Science -- The Art of Recognizing the Blindingly Obvious

From the Wall Street Journal Best of the Web:

We just love this story in the New York Times science section:

Predatory killers often do far more than commit murder. Some have lured their victims into homemade chambers for prolonged torture. Others have exotic tastes--for vivisection, sexual humiliation, burning. Many perform their grisly rituals as much for pleasure as for any other reason.

Among themselves, a few forensic scientists have taken to thinking of these people as not merely disturbed but evil.

We guess a forensic scientist is someone who is able, after years of painstaking research, to figure out things that are blindingly obvious to most nonscientists.

That is pretty funny, but what is most striking about the New York Times Article is something that the Wall Street Journal leaves out:

Most psychiatrists assiduously avoid the word evil, contending that its use would precipitate a dangerous slide from clinical to moral judgment that could put people on death row unnecessarily and obscure the understanding of violent criminals.

Still, many career forensic examiners say their work forces them to reflect on the concept of evil, and some acknowledge they can find no other term for certain individuals they have evaluated.

* * *

He is now working on a book urging the profession not to shrink from thinking in terms of evil when appraising certain offenders, even if the E-word cannot be used as part of an official examination or diagnosis.

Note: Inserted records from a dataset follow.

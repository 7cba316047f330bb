-- ===== src/Compress/Counts.antt =====
-- The tokens in `slots` and what each goroutine has delivered, move by move.
use db_backup.Base.{
  ℕ, zero, suc, ◌+◌, ◌≤◌, ◌<◌, ◌≡◌, refl, subst, true, List, [], ◌∷◌, ◌++◌, Option, Bytes, length,
  arith, ◌⊎◌, inl, inr,
}
use db_backup.Compress.Collector.{ChunkResult}
use db_backup.Compress.Workers.{
  Phase, unborn, waiting, encoding, ready, sent, thread_count, Move, acquire, release, send,
  all_sent, all_unborn,
}

unfoldable pub encoders : List Phase → ℕ
encoders [] = 0
encoders (encoding ∷ ps) = suc (encoders ps)
encoders (unborn ∷ ps) = encoders ps
encoders (waiting ∷ ps) = encoders ps
encoders (ready ∷ ps) = encoders ps
encoders (sent ∷ ps) = encoders ps

pub encoders-append : (xs ys : List Phase) → encoders (xs ++ ys) ≡ encoders xs + encoders ys
unfolding encoders
encoders-append [] ys = omega arith
encoders-append (unborn ∷ xs) ys = omega (arith, encoders-append xs ys)
encoders-append (waiting ∷ xs) ys = omega (arith, encoders-append xs ys)
encoders-append (encoding ∷ xs) ys = omega (arith, encoders-append xs ys)
encoders-append (ready ∷ xs) ys = omega (arith, encoders-append xs ys)
encoders-append (sent ∷ xs) ys = omega (arith, encoders-append xs ys)

pub encoders-all_unborn : (segs : List Bytes) → encoders (all_unborn segs) ≡ 0
unfolding encoders all_unborn
encoders-all_unborn [] = refl
encoders-all_unborn (s ∷ segs) = encoders-all_unborn segs

-- Each token belongs to a goroutine that encodes.
abbrev pub IsCounted : ℕ → ℕ → List Phase → Type 0
IsCounted threads n ps = (n ≡ encoders ps) × (n ≤ thread_count threads)

pub move-IsCounted :
    (threads seq n m : ℕ) (r : Option Bytes) (c d : List ChunkResult) (before after : List Phase)
    (p q : Phase)
    → Move threads seq r p n c q m d
    → IsCounted threads n (before ++ p ∷ after)
    → IsCounted threads m (before ++ q ∷ after)
unfolding encoders
move-IsCounted threads seq n m r c d before after p q (acquire _ _ h) (e, b) = (
  omega
      (arith, encoders-append before (waiting ∷ after), encoders-append before (encoding ∷ after)),
  omega arith,
)
move-IsCounted threads seq n m r c d before after p q (release _ _) (e, b) = (
  omega (arith, encoders-append before (encoding ∷ after), encoders-append before (ready ∷ after)),
  omega arith,
)
move-IsCounted threads seq n m r c d before after p q (send _ _ h) (e, b) = (
  omega (arith, encoders-append before (ready ∷ after), encoders-append before (sent ∷ after)),
  omega arith,
)

-- What is asked of a goroutine's number once it has sent.
abbrev pub Fate : (ℕ → Type 0) → ℕ → Phase → Type 0
Fate F k sent = F k
Fate F k unborn = Unit
Fate F k waiting = Unit
Fate F k encoding = Unit
Fate F k ready = Unit

abbrev pub Fates : (ℕ → Type 0) → ℕ → List Phase → Type 0
Fates F k [] = Unit
Fates F k (p ∷ ps) = Fate F k p × Fates F (suc k) ps

pub Fates-all_unborn : (F : ℕ → Type 0) (segs : List Bytes) (k : ℕ) → Fates F k (all_unborn segs)
unfolding all_unborn
Fates-all_unborn F [] k = tt
Fates-all_unborn F (s ∷ segs) k = (tt, Fates-all_unborn F segs (suc k))

Fate-map : (F G : ℕ → Type 0) (p : Phase) (k : ℕ) → (F k → G k) → Fate F k p → Fate G k p
Fate-map F G sent k f h = f h
Fate-map F G unborn k f h = tt
Fate-map F G waiting k f h = tt
Fate-map F G encoding k f h = tt
Fate-map F G ready k f h = tt

pub Fates-map :
    (F G : ℕ → Type 0) (ps : List Phase) (k : ℕ)
    → ((i : ℕ) → F i → G i)
    → Fates F k ps
    → Fates G k ps
Fates-map F G [] k f h = tt
Fates-map F G (p ∷ ps) k f (h, hs) = (Fate-map F G p k (f k) h, Fates-map F G ps (suc k) f hs)

-- One goroutine moves on: only its own fate is new.
pub Fates-swap :
    (F : ℕ → Type 0) (before after : List Phase) (p q : Phase) (k : ℕ)
    → Fate F (k + length before) q
    → Fates F k (before ++ p ∷ after)
    → Fates F k (before ++ q ∷ after)
Fates-swap F [] after p q k h (f, fs) = (subst (λ i. Fate F i q) (omega arith) h, fs)
Fates-swap F (b ∷ before) after p q k h (f, fs) =
    (f, Fates-swap F before after p q (suc k) (subst (λ i. Fate F i q) (omega arith) h) fs)

pub Fates-get :
    (F : ℕ → Type 0) (ps : List Phase) (k i : ℕ)
    → all_sent ps ≡ true
    → Fates F k ps
    → i < length ps
    → F (k + i)
unfolding all_sent
Fates-get F [] k i h f l = elim l [ ]
Fates-get F (sent ∷ ps) k zero h (f, fs) l = subst F (omega arith) f
Fates-get F (sent ∷ ps) k (suc i) h (f, fs) l =
    subst F (omega arith) (Fates-get F ps (suc k) i h fs (omega (arith, l)))
Fates-get F (unborn ∷ ps) k i h f l = cc
Fates-get F (waiting ∷ ps) k i h f l = cc
Fates-get F (encoding ∷ ps) k i h f l = cc
Fates-get F (ready ∷ ps) k i h f l = cc

-- A result with this number is in the channel.
abbrev pub Queued : ℕ → List ChunkResult → Type 0
Queued k [] = ⊥
Queued k (r ∷ c) = (r.seq ≡ k) ⊎ Queued k c

pub Queued-more : (k : ℕ) (c d : List ChunkResult) → Queued k c → Queued k (c ++ d)
Queued-more k [] d h = absurd h
Queued-more k (r ∷ c) d (inl e) = inl e
Queued-more k (r ∷ c) d (inr h) = inr (Queued-more k c d h)

pub Queued-last : (c : List ChunkResult) (r : ChunkResult) → Queued r.seq (c ++ r ∷ [])
Queued-last [] r = inl refl
Queued-last (s ∷ c) r = inr (Queued-last c r)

"We are talking about people who commit breathtaking acts, who do so repeatedly, who know what they're doing, and are doing it in peacetime" under no threat to themselves, said Dr. Michael Stone, the Columbia psychiatrist, who has examined several hundred killers at Mid-Hudson Psychiatric Center in New Hampton, N.Y., and others at Creedmoor Psychiatric Center in Queens, where he consults and teaches. "We know from experience who these people are, and how they behave," and it is time, he said, to give their behavior "the proper appellation."

Wow! Could it be that there is some scientific consensus being developed that some people are just plain evil? Some scientific support for the idea that we ought to be encouraging psychiatrists to acknowledge the existence of evil even if they cannot say so in proper diagnosis? This is interesting.